Face it, feeble faith holders, we have created in the American church an insular and gooey, hot-tub religion of feelings . . . nothing more than feelings . . . that non-religious thinking people despise. Subsequently, most nice Christians can’t answer an earnest question from a third grader concerning the basics of their faith, much less field some of the serious smack a provocative Hitchens would throw their way.
This inability to give a rational answer to those who ask you why you believe what you believe is both a shame and a sin. It’s a shame in that your ignorance makes you look goofy and lazy, and it’s a sin in that it is in direct disobedience to the command to love God with all of your mind. Remember that scripture? You don’t? Don’t worry about it, God loves you anyway. Hey, did you get your tickets to see Carmen at Disneyland this weekend? Yeehaw!
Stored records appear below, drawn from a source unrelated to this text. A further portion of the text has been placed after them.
-- ===== src/Engine/Queue/Totals/Repairable.antt =====
-- crates/nzbd-engine/src/queue.rs and crates/nzbd-types/src/lib.rs: the final verdict and repair.
use nzbd.Prelude.{ℕ, ◌-◌, ◌*◌, ◌/◌, ◌^◌, ◌≤◌, ◌<◌, ◌≡◌, true, arith, min}
use native.Mathlib.Nat.{div-lt_iff_lt-mul}
use nzbd.Types.Job.{Job, JobTotals, completed}
use nzbd.Types.Health.{calc, calc_critical}
use nzbd.Engine.Queue.Totals.{final_status}

div_mono : (a b n : ℕ) → a ≤ b → 0 < n → a / n ≤ b / n
div_mono a b n h k = grind arith

-- The two quotients of the verdict: of the health for `f` failed payload bytes, and of the critical
-- health for `p` good par2 bytes, out of `n` payload bytes.
abbrev health_ratio : ℕ → ℕ → ℕ
health_ratio n f = min ((n - f) * 1000) (2 ^ 64 - 1) / n

abbrev critical_ratio : ℕ → ℕ → ℕ
critical_ratio size p = min ((size - 2 * p) * 1000) (2 ^ 64 - 1) / (size - p)

critical-le-health :
    (size p f : ℕ) → f ≤ p → p < size → critical_ratio size p ≤ health_ratio (size - p) f
critical-le-health size p f h k = div_mono _ _ (size - p) (omega arith) (omega arith)

critical-lt : (size p : ℕ) → 0 < p → 2 * p < size → critical_ratio size p < 1000
critical-lt size p h k = (div-lt_iff_lt-mul (omega arith)).1 (omega arith)

-- With no par2 byte failed and no more payload failed than the par2 bytes can stand for.
repairable_health :
    (t : JobTotals)
    → t.failed_par_size ≡ 0
    → t.failed_size ≤ t.par_size
    → t.par_size < t.size
    → calc_critical t true ≤ calc t
unfolding calc calc_critical
repairable_health t z h k = rw z (
    ground (
      arith,
      critical-le-health t.size t.par_size t.failed_size h k,
      critical-lt t.size t.par_size,
    ))

-- Repair can finish what it can rebuild: a job none of whose par2 bytes failed, with at most as many
-- failed payload bytes as it has par2 bytes, and some payload, ends completed.
repairable_completes :
    (j : Job)
    → j.totals.failed_par_size ≡ 0
    → j.totals.failed_size ≤ j.totals.par_size
    → j.totals.par_size < j.totals.size
    → (final_status j).0 ≡ completed
unfolding final_status
repairable_completes j z h k = ground (arith, repairable_health j.totals z h k)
I know some of you are going to think I have wandered off the reservation, but I get more out of listening to Christopher Hitchens than I do Creflo Dollar. I profit more from watching CNN than TBN. Bill Maher benefits me more than Benny Hinn. How? Well, these men and their provocative questions, egregious and oft times’ erroneous assaults and merciless diatribes drive me to take stock of what I supposedly believe and what I do as a believer.
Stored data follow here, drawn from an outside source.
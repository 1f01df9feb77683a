-- ===== src/Mqtt/Client/Outbound.antt =====
-- core/aiot_mqtt_api.c: publishing, subscribing, the heartbeat and the sending of what is not acknowledged.
use aliyun_iot_arm.Prelude.{
  ℕ, zero, suc, ◌+◌, ◌-◌, ◌*◌, ◌/◌, ◌%◌, ◌^◌, ◌≤◌, ◌<◌, ◌≡◌, refl, sym, ap, ◌∙◌, subst, subst₂, ◌≢◌,
  ◌↔◌, ◌⊎◌, inl, inr, Bool, true, false, not, ◌&&◌, ◌||◌, Option, none, some, List, [], ◌∷◌, ◌++◌,
  map, append-nil, append_assoc, arith, bit_and, bit_or, bit_xor, ltb, leb, ◌==◌, if◌then◌else◌,
  ltb→lt, lt→ltb, leb→le, ==_iff, Bool-cases, Option-cases, length, get_elem?, set, length-append,
  length-set, get_elem?-set_self, get_elem?-set_ne, get_or, take, drop, replicate, take-append-drop,
  All, drop-append, take-append, take_all, length-take, length-drop, length-replicate, length-map,
  ℤ, pos, negsuc, inc, dec, is_zero, is_neg, eq_ℤ, sub_ℕ, neg, eq_ℤ→eq, eq_ℤ_refl, Bytes, codes,
  starts_with, str_eq, strstr, isspace, snprintf, str_eq_iff, str_eq_refl, starts_with-append,
}
use aliyun_iot_arm.Mqtt.Codes.{
  Code, state_success, state_sys_depend_malloc_failed, state_sys_depend_nwk_write_lessdata,
  state_user_input_null_pointer, state_user_input_out_range, state_user_input_exec_disabled,
  state_mqtt_topic_invalid, state_mqtt_topic_too_long,
}
use aliyun_iot_arm.Mqtt.Wire.{
  sub_pkt_type, unsub_pkt_type, subunsub_pkt, pub_pkt, pingreq_pkt, disconnect_pkt,
}
use aliyun_iot_arm.Mqtt.Topic.{topic_is_valid}
use aliyun_iot_arm.Mqtt.PubList.{PubNode, publist_insert, next_packet_id}
use aliyun_iot_arm.Mqtt.SubList.{Memory, SubNode, sublist_insert, sublist_remove}
use aliyun_iot_arm.Mqtt.Client.State.{Port, Handle, Out, Event}
use aliyun_iot_arm.Mqtt.Client.Net.{write, close_handle, close_world, send_packet}
pub mod Repub
pub mod Publish
pub mod Subscribe

-- `_core_mqtt_exec_inc` and `_core_mqtt_exec_dec` on a `uint32_t`.
abbrev pub exec_inc : Handle → Handle
exec_inc h = record h { exec_count = (h.exec_count + 1) % 2 ^ 32 }

abbrev pub exec_dec : Handle → Handle
exec_dec h = record h { exec_count = (h.exec_count + (2 ^ 32 - 1)) % 2 ^ 32 }

abbrev pub out_dec : {W : Type 0} → Out W → Out W
out_dec out = record out { handle = exec_dec out.handle }

abbrev pub refused : {W : Type 0} → Code → Handle → W → Out W
refused res h w = record { res = res; handle = h; world = w; events = [] }

module _ {W : Type 0} (p : Port W) where
  -- A function that sends one packet and answers success; for `_core_mqtt_heartbeat` this is all.
  abbrev pub send_only : Handle → Bytes → W → Out W
  send_only h packet w =
      let out = send_packet p h packet w in
      record out { res = if is_neg out.res then out.res else state_success }

  unfoldable pub heartbeat : Handle → W → Out W
  unfolding send_packet
  heartbeat h w = send_only h pingreq_pkt w

  -- `_core_mqtt_disconnect`
  unfoldable pub send_disconnect : Handle → W → Out W
  unfolding send_packet
  send_disconnect h w = send_only h disconnect_pkt w

  -- `_core_mqtt_subunsub`
  unfoldable pub subunsub : Handle → (topic : Bytes) (qos pkt_type : ℕ) → W → Out W
  unfolding next_packet_id subunsub_pkt send_packet
  subunsub h topic qos pkt_type w =
      let (had, w') = p.malloc w in
      let packet_id = next_packet_id h.packet_id in
      let out =
        send_packet p (record h { packet_id = packet_id })
          (subunsub_pkt pkt_type packet_id qos topic) w' in
      if not had
      then refused state_sys_depend_malloc_failed h w'
      else record out { res = if is_neg out.res then out.res else pos packet_id }

  -- `_core_mqtt_sub` for a topic that is not null; the memory is for the list.
  unfoldable pub core_sub : Memory → Handle → (topic : Bytes) (handler qos userdata : ℕ) → W → Out W
  unfolding topic_is_valid sublist_insert subunsub
  core_sub memory h topic handler qos userdata w =
      let h1 = exec_inc h in
      let (res, nodes) = sublist_insert memory topic handler userdata h.sub_list in
      let h2 = record h1 { sub_list = nodes } in
      if length topic == 0 || ltb 1 qos
      then refused state_user_input_out_range h w
      else (if is_neg (topic_is_valid h.topic_header_check topic)
          then refused state_mqtt_topic_invalid h w
          else (if not h.exec_enabled
              then refused state_user_input_exec_disabled h w
              else (if is_neg res
                  then refused res h2 w
                  else out_dec (subunsub h2 topic qos sub_pkt_type w))))

  -- `aiot_mqtt_sub`
  unfoldable pub sub :
      Memory → Handle → (topic : Option Bytes) (handler qos userdata : ℕ) → W → Out W
  unfolding core_sub
  sub memory h none handler qos userdata w = refused state_user_input_null_pointer h w
  sub memory h (some topic) handler qos userdata w =
      if leb 128 (length topic)
      then refused state_mqtt_topic_too_long h w
      else core_sub memory h topic handler qos userdata w

  -- `_core_mqtt_unsub`
  unfoldable pub core_unsub : Handle → (topic : Bytes) → W → Out W
  unfolding topic_is_valid sublist_remove subunsub
  core_unsub h topic w =
      let h1 = record (exec_inc h) { sub_list = sublist_remove topic h.sub_list } in
      if length topic == 0
      then refused state_user_input_out_range h w
      else (if is_neg (topic_is_valid h.topic_header_check topic)
          then refused state_mqtt_topic_invalid h w
          else (if not h.exec_enabled
              then refused state_user_input_exec_disabled h w
              else out_dec (subunsub h1 topic 0 unsub_pkt_type w)))

  -- `aiot_mqtt_unsub`
  unfoldable pub unsub : Handle → (topic : Option Bytes) → W → Out W
  unfolding core_unsub
  unsub h none w = refused state_user_input_null_pointer h w
  unsub h (some topic) w =
      if leb 128 (length topic) then refused state_mqtt_topic_too_long h w else core_unsub h topic w

  -- The insertion into the list of what is not acknowledged; the clock is read when it succeeds.
  unfoldable pub remember : Memory → Handle → (packet_id : ℕ) (packet : Bytes) → W → Out W
  unfolding publist_insert
  remember memory h packet_id packet w =
      let (now, w') = p.time w in
      let (res, nodes) =
        publist_insert h.repub_list_limit memory.node_ok memory.topic_ok now packet_id packet
          h.pub_list in
      record {
        res = res;
        handle = record h { pub_list = nodes };
        world = if is_neg res then w else w';
        events = [];
      }

  -- The end of `_core_mqtt_pub`: the packet goes out, unless the list refused it.
  unfoldable pub send_kept : Out W → (packet : Bytes) (done : Code) → Out W
  unfolding send_packet
  send_kept kept packet done =
      let out = send_packet p kept.handle packet kept.world in
      if is_neg kept.res
      then kept
      else record out { res = if is_neg out.res then out.res else done }

  -- `_core_mqtt_pub`; the memory is for the node and for its copy of the packet.
  unfoldable pub core_pub : Memory → Handle → (topic payload : Bytes) (qos : ℕ) → W → Out W
  unfolding next_packet_id pub_pkt remember send_kept
  core_pub memory h topic payload qos w =
      let (had, w1) = p.malloc w in
      let packet_id = next_packet_id h.packet_id in
      let h1 = record (exec_inc h) { packet_id = packet_id } in
      let packet = pub_pkt qos packet_id topic payload in
      if not had
      then out_dec (refused state_sys_depend_malloc_failed (exec_inc h) w1)
      else (if qos == 1
          then out_dec (send_kept (remember memory h1 packet_id packet w1) packet (pos packet_id))
          else out_dec (send_kept (refused state_success (exec_inc h) w1) packet state_success))

  -- The loop of `_core_mqtt_repub`, up to the first packet that cannot be sent.
  unfoldable pub repub_loop : Handle → List PubNode → W → Code × List PubNode × W
  unfolding write
  repub_loop h [] w = (state_success, [], w)
  repub_loop h (node ∷ nodes) w =
      let (now, w1) = p.time w in
      let last = if ltb now node.last_send_time then now else node.last_send_time in
      let due = leb h.repub_timeout_ms (now - last) in
      let (res, w2) = write p h node.packet w1 in
      let node' = record node { last_send_time = if due then now else last } in
      let (res', nodes', w') = repub_loop h nodes (if due then w2 else w1) in
      if due && is_neg res then (res, node' ∷ nodes, w2) else (res', node' ∷ nodes', w')

  -- `_core_mqtt_repub`
  unfoldable pub repub : Handle → W → Out W
  unfolding repub_loop close_handle close_world
  repub h w =
      let (res, nodes, w') = repub_loop h h.pub_list w in
      let h' = record h { pub_list = nodes } in
      let closes = is_neg res && not (eq_ℤ res state_sys_depend_nwk_write_lessdata) in
      record {
        res = res;
        handle = if closes then close_handle h' else h';
        world = if closes then close_world p h' w' else w';
        events = [];
      }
Where the church is insane, inane, lame and tame, you can bet your backside the atheist will be there to point it out. As the church, we cannot blow off this rebuke just because it wasn’t served with a smile and a mint on a pillow. Correction, that’s correct—no matter who delivers it—will do the wise good.
So, my brethren, let the atheists rage, let them ask their old and already-been-answered questions, let them tie your mind in a temporary knot and let them point out where we the church are goofy.
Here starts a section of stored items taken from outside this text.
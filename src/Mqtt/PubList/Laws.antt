-- ===== src/Mqtt/PubList/Laws.antt =====
-- core/aiot_mqtt_api.c: the identifiers in the list of waiting packets are distinct.
use aliyun_iot_arm.Prelude.{
  ℕ, ◌+◌, ◌^◌, ◌≤◌, ◌<◌, ◌≡◌, refl, sym, subst, ◌≢◌, ◌⊎◌, inl, inr, Bool, true, ◌&&◌, Option, none,
  some, List, [], ◌∷◌, ◌++◌, arith, ◌==◌, if◌then◌else◌, Bool-cases, Option-cases, length,
  length-append, All, ℤ, is_neg, Bytes,
}
use aliyun_iot_arm.Mqtt.Codes.{state_success}
use aliyun_iot_arm.Mqtt.PubList.{PubNode, scan_for, publist_insert, publist_remove, next_packet_id}

-- No node of the list has the identifier.
abbrev pub IsFree : ℕ → List PubNode → Type 0
IsFree packet_id nodes = All (λ node. node.packet_id ≢ packet_id) nodes

-- Each identifier stands in the list at most once.
abbrev pub AreDistinct : List PubNode → Type 0
AreDistinct [] = Unit
AreDistinct (node ∷ nodes) = IsFree node.packet_id nodes × AreDistinct nodes

scan_for-none :
    (packet_id limit pack_num : ℕ) (nodes : List PubNode)
    → scan_for packet_id limit pack_num nodes ≡ none
    → IsFree packet_id nodes × ((nodes ≡ []) ⊎ (pack_num + length nodes ≤ limit + 1))
unfolding scan_for
scan_for-none packet_id limit pack_num [] h = (tt, inl refl)
scan_for-none packet_id limit pack_num (node ∷ nodes) h =
    ground (arith, scan_for-none packet_id limit (pack_num + 1) nodes)

All-snoc {ℓ κ} :
    {A : Type ℓ} (P : A → Type κ) (xs : List A) (y : A) → All P xs → P y → All P (xs ++ (y ∷ []))
All-snoc P [] y h hy = (hy, tt)
All-snoc P (x ∷ xs) y h hy = (h.0, All-snoc P xs y h.1 hy)

AreDistinct-snoc :
    (nodes : List PubNode) (node : PubNode)
    → AreDistinct nodes
    → IsFree node.packet_id nodes
    → AreDistinct (nodes ++ (node ∷ []))
AreDistinct-snoc [] node d f = (tt, tt)
AreDistinct-snoc (n ∷ nodes) node d f = (
  All-snoc (λ (m : PubNode). m.packet_id ≢ n.packet_id) nodes node d.0 (λ e. f.0 (sym e)),
  AreDistinct-snoc nodes node d.1 f.1,
)

-- The invariant of the list under a limit: distinct identifiers, and two nodes above the limit at
-- most.
pub record IsValid (repub_list_limit : ℕ) (nodes : List PubNode) : Type 0 where
  pub distinct : AreDistinct nodes
  pub bounded : length nodes ≤ repub_list_limit + 2

scan_for-some :
    (packet_id limit pack_num : ℕ) (nodes : List PubNode) (c : ℤ)
    → scan_for packet_id limit pack_num nodes ≡ some c
    → is_neg c ≡ true
unfolding scan_for
scan_for-some packet_id limit pack_num [] c h = cc
scan_for-some packet_id limit pack_num (node ∷ nodes) c h =
    ground (arith, scan_for-some packet_id limit (pack_num + 1) nodes c)

abbrev pub new_node : (now packet_id : ℕ) (packet : Bytes) → PubNode
new_node now packet_id packet = record {
  packet_id = packet_id;
  packet = packet;
  last_send_time = now;
}

-- An insertion that fails leaves the list as it was; one that succeeds puts the message last, its
-- identifier was not in use, and the list was empty or within one above the limit.
pub publist_insert_cases :
    (limit : ℕ) (node_ok packet_ok : Bool) (now packet_id : ℕ) (packet : Bytes)
    (nodes : List PubNode)
    → let (res, nodes') = publist_insert limit node_ok packet_ok now packet_id packet nodes in
      ((is_neg res ≡ true) × (nodes' ≡ nodes))
      ⊎ ((res ≡ state_success)
          × IsFree packet_id nodes
          × ((nodes ≡ []) ⊎ (length nodes ≤ limit + 1))
          × (nodes' ≡ nodes ++ (new_node now packet_id packet ∷ [])))
unfolding publist_insert
publist_insert_cases limit node_ok packet_ok now packet_id packet nodes =
    elim (Option-cases (scan_for packet_id limit 0 nodes)) [
      | inl free ↦ elim (Bool-cases (node_ok && packet_ok)) [
        | inl had ↦
            let (unused, room) = scan_for-none packet_id limit 0 nodes free in
            inr (ground arith, unused, ground arith, ground arith)
        | inr lacks ↦ inl (ground arith, ground arith)
      ]
      | inr (c, refused) ↦
          inl (ground (arith, scan_for-some packet_id limit 0 nodes c refused), ground arith)
    ]

-- An insertion, whatever it answers, keeps the identifiers of the waiting messages distinct and
-- their number within two above the limit.
pub publist_insert-IsValid :
    (limit : ℕ) (node_ok packet_ok : Bool) (now packet_id : ℕ) (packet : Bytes)
    (nodes : List PubNode)
    → IsValid limit nodes
    → IsValid limit (publist_insert limit node_ok packet_ok now packet_id packet nodes).1
publist_insert-IsValid limit node_ok packet_ok now packet_id packet nodes v =
    elim (publist_insert_cases limit node_ok packet_ok now packet_id packet nodes) [
      | inl (refused, same) ↦ subst (IsValid limit) (sym same) v
      | inr (done, free, room, grown) ↦ subst (IsValid limit) (sym grown) (record {
        distinct = AreDistinct-snoc nodes (new_node now packet_id packet) v.distinct free;
        bounded = longer room;
      })
    ]
  where
    longer :
        (nodes ≡ []) ⊎ (length nodes ≤ limit + 1)
        → length (nodes ++ (new_node now packet_id packet ∷ [])) ≤ limit + 2
    longer (inl e) = rw e (omega arith)
    longer (inr h) = omega (arith, length-append nodes (new_node now packet_id packet ∷ []))

-- The packet that waits under an identifier.
abbrev pub waiting : ℕ → List PubNode → Option PubNode
waiting packet_id [] = none
waiting packet_id (node ∷ nodes) =
    let rest = waiting packet_id nodes in if node.packet_id == packet_id then some node else rest

waiting-IsFree :
    (packet_id : ℕ) (nodes : List PubNode) → IsFree packet_id nodes → waiting packet_id nodes ≡ none
waiting-IsFree packet_id [] h = refl
waiting-IsFree packet_id (node ∷ nodes) h = ground (arith, waiting-IsFree packet_id nodes h.1)

-- In a list of distinct identifiers, an acknowledgement takes out the message with its identifier,
-- and no other.
pub waiting-publist_remove :
    (packet_id j : ℕ) (nodes : List PubNode)
    → AreDistinct nodes
    → waiting j (publist_remove packet_id nodes)
      ≡ (if packet_id == j then none else waiting j nodes)
unfolding publist_remove
waiting-publist_remove packet_id j [] d = ground arith
waiting-publist_remove packet_id j (node ∷ nodes) d =
    ground
      (arith, waiting-IsFree node.packet_id nodes d.0, waiting-publist_remove packet_id j nodes d.1)

All-publist_remove {κ} :
    (P : PubNode → Type κ) (packet_id : ℕ) (nodes : List PubNode)
    → All P nodes
    → All P (publist_remove packet_id nodes)
unfolding publist_remove
All-publist_remove P packet_id [] h = tt
All-publist_remove P packet_id (node ∷ nodes) h = elim (Bool-cases (node.packet_id == packet_id)) [
  | inl e ↦ rw e h.1
  | inr e ↦ rw e (h.0, All-publist_remove P packet_id nodes h.1)
]

-- From a counter of 16 bits, the next packet identifier is of 16 bits too, is not 0, and is not the
-- last one.
pub next_packet_id_range :
    (p : ℕ)
    → p < 2 ^ 16
    → (1 ≤ next_packet_id p) × (next_packet_id p < 2 ^ 16) × (next_packet_id p ≢ p)
unfolding next_packet_id
next_packet_id_range p h = ground arith

length-publist_remove :
    (packet_id : ℕ) (nodes : List PubNode) → length (publist_remove packet_id nodes) ≤ length nodes
unfolding publist_remove
length-publist_remove packet_id [] = omega arith
length-publist_remove packet_id (node ∷ nodes) =
    ground (arith, length-publist_remove packet_id nodes)

AreDistinct-publist_remove :
    (packet_id : ℕ) (nodes : List PubNode)
    → AreDistinct nodes
    → AreDistinct (publist_remove packet_id nodes)
unfolding publist_remove
AreDistinct-publist_remove packet_id [] d = tt
AreDistinct-publist_remove packet_id (node ∷ nodes) d =
    elim (Bool-cases (node.packet_id == packet_id)) [
      | inl e ↦ rw e d.1
      | inr e ↦ rw e (
        All-publist_remove (λ m. m.packet_id ≢ node.packet_id) packet_id nodes d.0,
        AreDistinct-publist_remove packet_id nodes d.1,
      )
    ]

-- An acknowledgement keeps the identifiers of the waiting messages distinct and their number within
-- two above the limit.
pub publist_remove-IsValid :
    (limit packet_id : ℕ) (nodes : List PubNode)
    → IsValid limit nodes
    → IsValid limit (publist_remove packet_id nodes)
publist_remove-IsValid limit packet_id nodes v = record {
  distinct = AreDistinct-publist_remove packet_id nodes v.distinct;
  bounded = omega (arith, v.bounded, length-publist_remove packet_id nodes);
}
If you properly react to the atheists’ scat, you’ll end up with a more solid grasp on your faith, the incense and non-sense will be scrubbed from your life and you just might dust them in a debate next time they queue up with their tired quips.
This is why God needs the atheists: to help the Christian not waft in his profession of faith.
One more thing: If you need some summer beach reading to help you run circles around the anti-God crowd ‘til you take the big dirt nap, get R.C. Sproul’s book, Defending Your Faith: An Introduction to Apologetics.